それに合わせて、居酒屋さわこさんもお休みしております。
それにあわせて、今日の私達は少しお出かけしております。
私達が住んでいる辺境都市トツノコンベより西方にございます、オザリーナ村という村へやってきているんです。
「ここはオザリーナ温泉郷って言われてるのよね」
街中を歩きながら、バテアさんが説明してくださっています。
出来たのは最近なのだそうですが、結構多くのお客様は街道を行き来なさっています。
そんな街道の右寄りを私達は歩いていました。
このオザリーナ村には、近くの辺境都市から定期駅馬車が出ていたり、定期魔道船という、空を飛ぶ船が周航しているそうなんです。

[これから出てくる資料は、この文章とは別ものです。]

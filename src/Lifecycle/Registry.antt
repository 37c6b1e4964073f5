-- ===== src/Lifecycle/Registry.antt =====
-- src/record/lifecycle/mod.rs: the types that the store has registered, and the keys that a record
-- presents to them.
use equill.Base.{
  String, ◌≡◌, refl, ap, inl, inr, true, false, Option, none, some, List, [], ◌∷◌, ◌==◌, string_eq,
  contains, Unique, lookup, lookup-insert, arith, eq_iff, Bool-cases, ==-refl, map, lookup_absent,
  ◌∙◌,
}
use mathlib.Core.Option.{some-injective}
use equill.Kernel.Error.{Result, ok, err, Result-cases}
use equill.Json.{Json}
use equill.Record.{StoredRecord, TypeDefinition}
use equill.Lifecycle.State.{claimed_key, add_key, keys_from, keys_of}

module _ (j : Json) where
  open j use {Value}

  abbrev pub add_type :
      String
      → Result (TypeDefinition Value)
      → List (String × TypeDefinition Value)
      → List (String × TypeDefinition Value)
  add_type name (ok d) found = (name, d) ∷ found
  add_type name (err e) found = found

  -- `names` are the stems of the files in `registry/types`, and `load` is `schema::load`.
  unfoldable pub registered_types :
      (String → Result (TypeDefinition Value)) → List String → List (String × TypeDefinition Value)
  registered_types load [] = []
  registered_types load (name ∷ names) = add_type name (load name) (registered_types load names)

  -- A type that loads is found under its name.
  pub lookup-registered_types :
      (load : String → Result (TypeDefinition Value)) (names : List String) (name : String)
      (d : TypeDefinition Value)
      → load name ≡ ok d
      → contains names name ≡ true
      → lookup name (registered_types load names) ≡ some d
  unfolding registered_types lookup contains
  lookup-registered_types load [] name d l h = absurd (ground arith)
  lookup-registered_types load (n ∷ names) name d l h = elim (Bool-cases (n == name)) [
    | inl p ↦ rw (ap load ((eq_iff n name).0 p) ∙ l, add_type) (unfold lookup in rw p refl)
    | inr p ↦
        let ih = lookup-registered_types load names name d l (rw p at h) in
        elim (Result-cases (load n)) [
          | inl (d', e) ↦ rw (e, add_type) (rw p ih)
          | inr (x, e) ↦ rw (e, add_type) ih
        ]
  ]

  absent-registered_types :
      (load : String → Result (TypeDefinition Value)) (names : List String) (name : String)
      → contains names name ≡ false
      → contains (map (λ c. c.0) (registered_types load names)) name ≡ false
  unfolding registered_types contains
  absent-registered_types load [] name h = refl
  absent-registered_types load (n ∷ names) name h =
      let ih = absent-registered_types load names name (ground arith) in
      elim (Result-cases (load n)) [
        | inl (d, e) ↦ rw (e, add_type) (ground (arith, ih))
        | inr (x, e) ↦ rw (e, add_type) ih
      ]

  -- No name is registered twice.
  pub registered_types-Unique :
      (load : String → Result (TypeDefinition Value)) (names : List String)
      → Unique names
      → Unique (map (λ c. c.0) (registered_types load names))
  unfolding registered_types
  registered_types-Unique load [] u = tt
  registered_types-Unique load (n ∷ names) u =
      let ih = registered_types-Unique load names u.1 in
      elim (Result-cases (load n)) [
        | inl (d, e) ↦ rw (e, add_type) (absent-registered_types load names n u.0, ih)
        | inr (x, e) ↦ rw (e, add_type) ih
      ]

  lookup-add_key_ne :
      (n name : String) (o : Option Value) (keys : List (String × Value))
      → (n == name) ≡ false
      → lookup name (add_key j n o keys) ≡ lookup name keys
  lookup-add_key_ne n name none keys h = refl
  lookup-add_key_ne n name (some v) keys h = rw lookup-insert (rw h refl)

  lookup-add_key_self :
      (name : String) (o : Option Value) (keys : List (String × Value))
      → lookup name keys ≡ none
      → lookup name (add_key j name o keys) ≡ o
  lookup-add_key_self name none keys h = h
  lookup-add_key_self name (some v) keys h = rw lookup-insert (rw (==-refl name) refl)

  -- Filing the keys of further types changes nothing under a name that is none of them.
  lookup-keys_from_absent :
      (r : StoredRecord Value) (name : String) (keys : List (String × Value))
      (claiming : List (String × TypeDefinition Value))
      → lookup name claiming ≡ none
      → lookup name (keys_from j r keys claiming) ≡ lookup name keys
  unfolding keys_from lookup
  lookup-keys_from_absent r name keys [] h = refl
  lookup-keys_from_absent r name keys ((n, d) ∷ claiming) h = elim (Bool-cases (n == name)) [
    | inl p ↦ absurd (ground arith)
    | inr p ↦
        lookup-keys_from_absent r name (add_key j n (claimed_key j r (n, d)) keys) claiming
          (rw p at h)
        ∙ lookup-add_key_ne n name (claimed_key j r (n, d)) keys p
  ]

  lookup-keys_from :
      (r : StoredRecord Value) (name : String) (d : TypeDefinition Value)
      (keys : List (String × Value)) (claiming : List (String × TypeDefinition Value))
      → Unique (map (λ c. c.0) claiming)
      → lookup name keys ≡ none
      → lookup name claiming ≡ some d
      → lookup name (keys_from j r keys claiming) ≡ claimed_key j r (name, d)
  unfolding keys_from lookup
  lookup-keys_from r name d keys [] u n h = absurd (ground arith)
  lookup-keys_from r name d keys ((m, e) ∷ claiming) u n h = elim (Bool-cases (m == name)) [
    | inl p ↦
        let q = (eq_iff m name).0 p in
        let held : some e ≡ some d = rw p at h in
        let missing = lookup_absent m claiming u.0 in
        let stored : lookup m (keys_from j r (add_key j m (claimed_key j r (m, e)) keys) claiming)
            ≡ claimed_key j r (m, e) =
          lookup-keys_from_absent r m (add_key j m (claimed_key j r (m, e)) keys) claiming missing
          ∙ lookup-add_key_self m (claimed_key j r (m, e)) keys (rw q n) in
        rw (← q, ← some-injective e d held) stored
    | inr p ↦
        lookup-keys_from r name d (add_key j m (claimed_key j r (m, e)) keys) claiming u.1
          (lookup-add_key_ne m name (claimed_key j r (m, e)) keys p ∙ n) (rw p at h)
  ]

  -- The key that a record's entry holds for a registered type is its key under that type's pointer.
  pub lookup-keys_of :
      (r : StoredRecord Value) (name : String) (d : TypeDefinition Value)
      (claiming : List (String × TypeDefinition Value))
      → Unique (map (λ c. c.0) claiming)
      → lookup name claiming ≡ some d
      → lookup name (keys_of j r claiming) ≡ claimed_key j r (name, d)
  unfolding keys_of lookup
  lookup-keys_of r name d claiming u h = lookup-keys_from r name d [] claiming u refl h
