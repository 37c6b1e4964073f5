-- ===== src/Lifecycle/Lookup.antt =====
-- What a check against the state says of the ledger that the state describes.
use mathlib.Core.Option.{some-injective}
use mathlib.Core.Path.{subst}
use equill.Base.{
  ℕ, String, ◌≡◌, refl, ap, sym, ◌∙◌, inl, inr, Bool, true, false, ◌&&◌, Option, none, some, List,
  [], ◌∷◌, ◌==◌, ◌!=◌, nat_eq, string_eq, contains, any, filter, map, Unique, lookup, Elem, arith,
  Bool-cases, eq_iff,
}
use equill.Json.{Json}
use equill.Record.{StoredRecord, TypeDefinition}
use equill.Lifecycle.Rules.{key, linear_type, accepts}
use equill.Lifecycle.State.{Entry, LifecycleState, claims, heads_claiming, claimed_key}
use equill.Lifecycle.Append.{other_head}
use equill.Lifecycle.Registry.{lookup-keys_of}
use equill.Lifecycle.Describes.{targets, Holds, Matches, Describes}

any_filtered :
    {A : Type 0} (f : ℕ → Bool) (g : A → ℕ) (p : A → Bool) (es : List A) (e : A)
    → any f (map g (filter p es)) ≡ false
    → Elem e es
    → p e ≡ true
    → f (g e) ≡ false
unfolding any filter
any_filtered f g p [] e n m h = elim m [ ]
any_filtered f g p (x ∷ es) e n (inl q) h = rw (← q) (ground (arith, ap p q))
any_filtered f g p (x ∷ es) e n (inr m) h = any_filtered f g p es e (ground arith) m h

other_head_excludes :
    (hs : List ℕ) (target : Option ℕ) (id : ℕ)
    → ((f : ℕ → Bool) → any f hs ≡ false → f id ≡ false)
    → other_head hs target ≡ false
    → target ≡ some id
unfolding other_head
other_head_excludes hs none id n h = let bad = n (λ _. true) h in cc
other_head_excludes hs (some t) id n h = let same = n (λ x. x != t) h in ground arith

module _ (j : Json) where
  open j use {Value}

  abbrev pub pairs : List (StoredRecord Value) → List (ℕ × StoredRecord Value)
  pairs = map (λ r. (r.id, r))

  module _ (claiming : List (String × TypeDefinition Value)) where
    lookup_first :
        (i id : ℕ) (r : StoredRecord Value) (ps : List (ℕ × StoredRecord Value))
        → i ≡ id
        → lookup id ((i, r) ∷ ps) ≡ some r
    unfolding lookup
    lookup_first i id r ps q = ground arith

    lookup_later :
        (i id : ℕ) (r : StoredRecord Value) (ps : List (ℕ × StoredRecord Value))
        → (i == id) ≡ false
        → lookup id ((i, r) ∷ ps) ≡ lookup id ps
    unfolding lookup
    lookup_later i id r ps q = rw q refl

    pub lookup-Matches :
        (es : List (ℕ × Entry Value)) (rs : List (StoredRecord Value)) (id : ℕ) (e : Entry Value)
        → Matches j claiming es rs
        → lookup id es ≡ some e
        → (r : StoredRecord Value) × (lookup id (pairs rs) ≡ some r)
          × Elem r rs
          × Holds j claiming (id, e) r
    unfolding lookup
    lookup-Matches [] [] id e m h = absurd (ground arith)
    lookup-Matches [] (r ∷ rs) id e m h = absurd m
    lookup-Matches (x ∷ es) [] id e m h = absurd m
    lookup-Matches ((i, x) ∷ es) (r ∷ rs) id e m h = elim (Bool-cases (i == id)) [
      | inl p ↦
          let q : i ≡ id = ground arith in
          let held : some x ≡ some e = rw p at h in
          let here =
            subst (λ k. Holds j claiming (k, e) r) q
              (subst (λ y. Holds j claiming (i, y) r) (some-injective x e held) m.0) in
          (r, lookup_first r.id id r (pairs rs) (sym m.0.id ∙ q), inl refl, here)
      | inr p ↦
          let (s, found, place, holds) = lookup-Matches es rs id e m.1 (rw p at h) in
          (s, lookup_later r.id id r (pairs rs) (ground (arith, m.0.id)) ∙ found, inr place, holds)
    ]

    Elem-Matches :
        (es : List (ℕ × Entry Value)) (rs : List (StoredRecord Value)) (r : StoredRecord Value)
        → Matches j claiming es rs
        → Elem r rs
        → (e : ℕ × Entry Value) × Elem e es × Holds j claiming e r
    Elem-Matches [] [] r m k = elim k [ ]
    Elem-Matches [] (x ∷ rs) r m k = absurd m
    Elem-Matches (e ∷ es) [] r m k = elim k [ ]
    Elem-Matches (e ∷ es) (x ∷ rs) r m (inl q) = (e, inl refl, subst (Holds j claiming e) q m.0)
    Elem-Matches (e ∷ es) (x ∷ rs) r m (inr k) =
        let (e', place, holds) = Elem-Matches es rs r m.1 k in (e', inr place, holds)

    -- A record's entry presents to a registered type the record's own key under its pointer.
    key-Holds :
        (e : ℕ × Entry Value) (r : StoredRecord Value) (name : String) (d : TypeDefinition Value)
        → Holds j claiming e r
        → Unique (map (λ c. c.0) claiming)
        → lookup name claiming ≡ some d
        → (linear_type j d && accepts j name d r.type_name) ≡ true
        → lookup name e.1.keys ≡ key j r d
    unfolding claimed_key
    key-Holds e r name d h u l a = rw h.keys (lookup-keys_of j r name d claiming u l ∙ rw a refl)

    claims-Holds :
        (state : LifecycleState Value) (e : ℕ × Entry Value) (name namespace : String) (k : Value)
        → contains state.superseded e.0 ≡ false
        → e.1.namespace ≡ namespace
        → lookup name e.1.keys ≡ some k
        → claims j state name namespace k e ≡ true
    unfolding claims
    claims-Holds state e name namespace k c ns h =
        rw (c, h) (ground (arith, eq_iff e.1.namespace namespace, j.beq_iff k k))

    -- A head that presents the key to the linear type is the one that the candidate replaces.
    pub no_other_head :
        (state : LifecycleState Value) (rs : List (StoredRecord Value)) (r : StoredRecord Value)
        (name : String) (d : TypeDefinition Value) (namespace : String) (k : Value)
        (target : Option ℕ)
        → Describes j claiming state rs
        → Unique (map (λ c. c.0) claiming)
        → lookup name claiming ≡ some d
        → other_head (heads_claiming j state name namespace k) target ≡ false
        → Elem r rs
        → contains (targets j rs) r.id ≡ false
        → r.namespace ≡ namespace
        → (linear_type j d && accepts j name d r.type_name) ≡ true
        → key j r d ≡ some k
        → target ≡ some r.id
    unfolding heads_claiming
    no_other_head state rs r name d namespace k target ds u l n place free ns a kk =
        let (e, at, holds) = Elem-Matches state.entries rs r ds.entries place in
        let held = key-Holds e r name d holds u l a in
        rw (← holds.id) (
          other_head_excludes (heads_claiming j state name namespace k) target e.0
            (λ f h.
              any_filtered f (λ x. x.0) (claims j state name namespace k) state.entries e h at
                (claims-Holds state e name namespace k (ds.superseded e.0 ∙ rw holds.id free)
                  (holds.namespace ∙ ns) (held ∙ kk)))
            n)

残念ながら、今のところ見えていないのですが、帰るまでに一度くらいは見てみたいものです。
そんな事を考えている私の右手をベルが握っています。
左手はエンジェさん。
シロはリンシンさんに肩車してもらってとっても嬉しそうです。
ロッサさんは、エンジェさんの後ろを歩いていまして、時折楽しそうに会話を交わしています。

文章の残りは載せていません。